The trial court focused on this latter paragraph in determining that the guarantors had not "waived" their right to receive notice of intent to accelerate because this right was not specifically mentioned in paragraph 8's waiver language.

THE RIGHTS OF A GUARANTOR

The magistrate correctly found that the Salinases, as guarantors, occupied the status of primary obligors with respect to the note. Hopkins v. First Nat. Bank at Brownsville, 551 S.W.2d 343, 345 (Tex.1977). From this, he concluded that guarantors therefore enjoy all the rights and privileges of the maker of a note. Thus, since Texas law 2 clearly provides that a maker of a note is to be given notice of intent to accelerate maturity, Allen Sales and Service Center, Inc. v. Ryan, 525 S.W.2d 863 (Tex.1975), the magistrate logically ruled that Guarantors had the right to receive such notice.

The magistrate's reasoning, adopted by the District Court, is at first glance appealing, but suffers from a faulty premise--that is, that guarantors, by virtue of their status as primary obligors, enjoy all the rights and privileges of the maker of a note. Texas law does not so provide and the proposition is simply not correct. Our analysis of guaranty law indicates that one of the maker's rights which does not also belong to a guarantor is the right to receive notice of intent to accelerate.

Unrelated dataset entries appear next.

-- ===== src/Fs/Cache/Unique.antt =====
-- `iget` of fs.c: an inode is in the cache once.
use chameleon_os.Base.{
  ℕ, zero, suc, ◌+◌, ◌≤◌, ◌<◌, ◌≡◌, refl, sym, ◌∙◌, subst, inl, inr, Bool, true, false, none, some,
  arith, ◌==◌, Bool-cases, Option-cases, some-injective, ==_refl, update,
}
use chameleon_os.Base.Machine.{ok, ok-injective, uint_add}
use chameleon_os.Fs.Disk.{Fs, Inode}
use chameleon_os.Fs.Cache.{ninode, is_referenced, find_inode, is_cached, is_unreferenced, iget}

find_inode-some :
    (test : Inode → Bool) (f : ℕ → Inode) (i n k : ℕ)
    → find_inode test f i n ≡ some k
    → (test (f k) ≡ true) × (k < i + n)
unfolding find_inode
find_inode-some test f i zero k e = absurd (cc)
find_inode-some test f i (suc n) k e = elim (Bool-cases (test (f i))) [
  | inl q ↦
      let p : i ≡ k = some-injective (rw q at e) in
      (subst (λ j. test (f j) ≡ true) p q, omega (arith, p))
  | inr q ↦ let (t, lt) = find_inode-some test f (i + 1) n k (rw q at e) in (t, omega (arith, lt))
]

find_inode-none :
    (test : Inode → Bool) (f : ℕ → Inode) (i n k : ℕ)
    → find_inode test f i n ≡ none
    → i ≤ k
    → k < i + n
    → test (f k) ≡ false
unfolding find_inode
find_inode-none test f i zero k e lo hi = absurd (omega (arith, lo, hi))
find_inode-none test f i (suc n) k e lo hi = elim (Bool-cases (test (f i))) [
  | inl q ↦ absurd (cc (rw q at e))
  | inr q ↦ elim (Bool-cases (i == k)) [
    | inl q' ↦ let p : i ≡ k = ground (arith, q') in subst (λ j. test (f j) ≡ false) p q
    | inr q' ↦
        find_inode-none test f (i + 1) n k (rw q at e) (ground (arith, q', lo)) (omega (arith, hi))
  ]
]

-- No inode stands in two entries that are in use.
pub record IsUnique (inodes : ℕ → Inode) : Type 0 where
  pub once :
      (i j : ℕ)
      → i < ninode
      → j < ninode
      → is_referenced (inodes i) ≡ true
      → is_referenced (inodes j) ≡ true
      → (inodes i).dev ≡ (inodes j).dev
      → (inodes i).inum ≡ (inodes j).inum
      → i ≡ j

IsUnique-update :
    (inodes : ℕ → Inode) (k : ℕ) (new : Inode)
    → IsUnique inodes
    → ((j : ℕ)
        → j < ninode
        → is_referenced (inodes j) ≡ true
        → (inodes j).dev ≡ new.dev
        → (inodes j).inum ≡ new.inum
        → j ≡ k)
    → IsUnique (update inodes k new)
IsUnique-update inodes k new u alone = record {
  once = λ i j hi hj ri rj d n. elim (Bool-cases (k == i)) [
    | inl q ↦
        let e : k ≡ i = ground (arith, q) in
        elim (Bool-cases (k == j)) [
          | inl q' ↦ ground (arith, q, q')
          | inr q' ↦
              sym e ∙ sym (alone j hj (rw q' at rj) (sym (rw (q, q') at d)) (sym (rw (q, q') at n)))
        ]
    | inr q ↦ elim (Bool-cases (k == j)) [
      | inl q' ↦ alone i hi (rw q at ri) (rw (q, q') at d) (rw (q, q') at n) ∙ ground (arith, q')
      | inr q' ↦ u.once i j hi hj (rw q at ri) (rw q' at rj) (rw (q, q') at d) (rw (q, q') at n)
    ]
  ];
}

Found : Fs → ℕ → ℕ → Fs × ℕ → Type 0
Found fs dev inum (fs', ip) =
    (ip < ninode)
    × ((fs'.inode ip).dev ≡ dev)
    × ((fs'.inode ip).inum ≡ inum)
    × ((fs'.inode ip).ref ≡ uint_add (fs.inode ip).ref 1)
    × IsUnique fs'.inode

-- `iget` that does not panic gives the entry of inode `inum` on device `dev`, with one reference
-- more, an `int` that wraps around, and keeps every inode in at most one entry in use.
pub iget-IsUnique :
    (fs fs' : Fs) (dev inum ip : ℕ)
    → IsUnique fs.inode
    → iget fs dev inum ≡ ok (fs', ip)
    → (ip < ninode)
      × ((fs'.inode ip).dev ≡ dev)
      × ((fs'.inode ip).inum ≡ inum)
      × ((fs'.inode ip).ref ≡ uint_add (fs.inode ip).ref 1)
      × IsUnique fs'.inode
unfolding iget Found
iget-IsUnique fs fs' dev inum ip u e =
    elim (Option-cases (find_inode (is_cached dev inum) fs.inode 0 ninode)) [
      | inr (k, p) ↦
          let (t, lt) = find_inode-some (is_cached dev inum) fs.inode 0 ninode k p in
          let i = record (fs.inode k) { ref = uint_add (fs.inode k).ref 1 } in
          subst (Found fs dev inum) (ok-injective (rw (iget, p) at e)) (
            lt,
            rw (==_refl k) (ground (arith, t)),
            rw (==_refl k) (ground (arith, t)),
            rw (==_refl k) refl,
            IsUnique-update fs.inode k i u (λ j h r d n. u.once j k h lt r (ground (arith, t)) d n),
          )
      | inl p ↦ elim (Option-cases (find_inode is_unreferenced fs.inode 0 ninode)) [
        | inr (k, p') ↦
            let (t, lt) = find_inode-some is_unreferenced fs.inode 0 ninode k p' in
            let i = record (fs.inode k) { dev = dev; inum = inum; ref = 1; valid = false } in
            subst (Found fs dev inum) (ok-injective (rw (iget, p, p') at e)) (
              lt,
              rw (==_refl k) refl,
              rw (==_refl k) refl,
              rw (==_refl k) (ground (arith, t)),
              IsUnique-update fs.inode k i u (λ j h r d n.
                  let miss =
                    find_inode-none (is_cached dev inum) fs.inode 0 ninode j p (omega arith) h in
                  absurd (ground (arith, miss, r, d, n))),
            )
        | inl p' ↦ absurd (cc (rw (iget, p, p') at e))
      ]
    ]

Although the Texas Supreme Court stated in Hopkins that a guarantor of payment is primarily liable, 551 S.W.2d at 345, the Court did not mean to imply that a guarantor has all the rights and privileges of a maker. Rather, the Court emphasized the "primary obligor" status of guarantors to support its ruling that a guarantor may be sued even though no action has been taken against the maker. Id. In other words, establishing the liability of a guarantor does not depend upon first establishing the liability of the maker. Thus, the entire discussion in Hopkins focuses upon the obligations of the guarantor and nowhere purports to equate his rights with those of the maker. Therefore, Hopkins does not support the magistrate's conclusion that a guarantor has all the rights and privileges of a maker.

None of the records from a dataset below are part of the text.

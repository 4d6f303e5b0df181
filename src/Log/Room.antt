-- ===== src/Log/Room.antt =====
-- What a `log_write` leaves, and the room for more of them that `begin_op` has reserved.
use chameleon_os.Base.{
  ℕ, suc, ◌+◌, ◌-◌, ◌≤◌, ◌<◌, ◌^◌, ◌≡◌, arith, if◌then◌else◌, ◌==◌, length, elem, Bool-cases, inl,
  inr, length-append, ◌∷◌, [], ◌++◌, ◌||◌, sym, leb,
}
use chameleon_os.Base.Machine.{ok, ok-injective}
use chameleon_os.Store.{Block, Store, pin}
use chameleon_os.Log.{Log, log_write, log_size, negative}

-- An operation is in progress, and `n` more blocks fit into the log.
pub record HasRoom (n : ℕ) (l : Log) : Type 0 where
  pub header : n + length l.lh ≤ log_size
  pub fits : n + length l.lh ≤ l.size - 1
  pub busy : 0 < l.outstanding
  pub signed : l.outstanding < 2 ^ 31

-- The log after `log_write` of block `b`.
abbrev pub logged : Log → ℕ → Log
logged l b = record l { lh = if elem b l.lh then l.lh else l.lh ++ b ∷ [] }

pub log_write_ok :
    (n : ℕ) (l : Log) (s : Store) (b : ℕ) (v : Block)
    → HasRoom (suc n) l
    → (log_write l s b v ≡ ok (logged l b, pin s b v)) × HasRoom n (logged l b)
unfolding log_write
log_write_ok n l s b v r =
    ground (arith, r.header, r.fits, r.busy, r.signed, length-append l.lh (b ∷ []))

-- If a write does not panic, that is what it does.
pub log_write-inv :
    (l : Log) (s : Store) (b : ℕ) (v : Block) (r : Log × Store)
    → log_write l s b v ≡ ok r
    → r ≡ (logged l b, pin s b v)
unfolding log_write
log_write-inv l s b v r h =
    elim (Bool-cases (leb log_size (length l.lh) || leb (l.size - 1) (length l.lh))) [
      | inl q ↦ absurd (cc (rw (log_write, q) at h))
      | inr q ↦ elim (Bool-cases (negative l.outstanding || (l.outstanding == 0))) [
        | inl q' ↦ absurd (cc (rw (log_write, q, q') at h))
        | inr q' ↦ sym (ok-injective (rw (log_write, q, q') at h))
      ]
    ]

An analysis of the liability of the guarantor vis-a-vis the liability of the maker clearly indicates that a guarantor does not step into the maker's shoes and thereby acquire all his rights and privileges. See generally Conner, Enforcing Commercial Guaranties in Texas: Vanishing Limitations, Remaining Questions, 12 Tex.Tech.L.Rev. 785, 817-827 (1981). While the extent of a guarantor's liability certainly does not exceed the maker's underlying obligation, the actual liability of the guarantor may exist even when the maker himself is not liable on the note. Hopkins, 551 S.W.2d at 345. In Hopkins, for example, the Court pointed out that a guarantor is liable on his guaranty of payment even when the maker's signature is a forgery, thereby releasing the supposed maker from liability. Id., citing Universal Metals & Machinery, Inc. v. Bohart, 539 S.W.2d 874 (Tex.1976).

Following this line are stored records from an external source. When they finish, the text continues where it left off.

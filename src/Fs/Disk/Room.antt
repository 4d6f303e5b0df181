-- ===== src/Fs/Disk/Room.antt =====
-- What a write of a block does to the state of the file system.
use chameleon_os.Base.{ℕ, suc, ◌≡◌, refl, sym, ◌∙◌, inl, inr, ap, ◌==◌, if◌then◌else◌, Bool-cases}
use chameleon_os.Base.Machine.{ok, Run-cases, ok-injective}
use chameleon_os.Store.{Block, Store, pin}
use chameleon_os.Log.{Log, log_write}
use chameleon_os.Log.Room.{HasRoom, logged, log_write_ok, log_write-inv}
use chameleon_os.Fs.Disk.{Fs, block, put_block}

abbrev pub put : Fs → ℕ → Block → Fs
put fs b v = record fs { log = logged fs.log b; store = pin fs.store b v }

pub put_block_lem :
    (n : ℕ) (fs : Fs) (b : ℕ) (v : Block)
    → HasRoom (suc n) fs.log
    → (put_block fs b v ≡ ok (put fs b v)) × HasRoom n (put fs b v).log
unfolding put_block
put_block_lem n fs b v r =
    let (e, room) = log_write_ok n fs.log fs.store b v r in (rw (put_block, e) refl, room)

pub block-put :
    (fs : Fs) (b : ℕ) (v : Block) (x : ℕ)
    → block (put fs b v) x ≡ (if b == x then v else block fs x)
block-put fs b v x = elim (Bool-cases (b == x)) [ inl q ↦ rw q refl | inr q ↦ rw q refl ]

-- If a write does not panic, that is what it does.
pub put_block-inv : (fs fs' : Fs) (b : ℕ) (v : Block) → put_block fs b v ≡ ok fs' → fs' ≡ put fs b v
unfolding put_block
put_block-inv fs fs' b v h = elim (Run-cases (log_write fs.log fs.store b v)) [
  | inl p ↦ absurd (cc (rw (put_block, p) at h))
  | inr (r, p) ↦
      let e = log_write-inv fs.log fs.store b v r p in
      sym (ok-injective (rw (put_block, p) at h))
      ∙ ap (λ (q : Log × Store). record fs { log = q.0; store = q.1 }) e
]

A long line of Texas cases supplies the rule governing the liability of a guarantor vis-a-vis the liability of the maker. Generally, an unconditional guarantor is liable for payment even through the holder of the note cannot enforce the claim against the principal obligor (the maker), unless the claim against the principal obligor is void for illegality. See, e.g., Houston Sash & Door Co. v. Heaner, 577 S.W.2d 217 (Tex.1979); Universal Metals & Machinery, Inc. v. Bohart, 539 S.W.2d 874 (Tex.1976); National City Bank v. Taylor, 293 S.W. 613 (Tex.Civ.App.1927); Fuqua v. Pabst Brewing Co., 90 Tex. 298, 38 S.W. 29 (1896); Howard v. Smith, 91 Tex. 8, 38 S.W. 15 (1896). See also Conner, supra, 12 Tex.Tech.L.Rev. at 824. Thus, the guarantor has been held liable even when the underlying obligation is unenforceable against the maker because the maker's signature was a forgery, Bohart, because the interest on the underlying debt violated Texas' usury laws, Houston Sash, because the maker's incurrence of the underlying debt was ultra vires, Taylor, and because the statute of limitations barred action against the maker. Beddall v. Reader's Wholesale Distrib., Inc., 408 S.W.2d 237 (Tex.Civ.App.1966).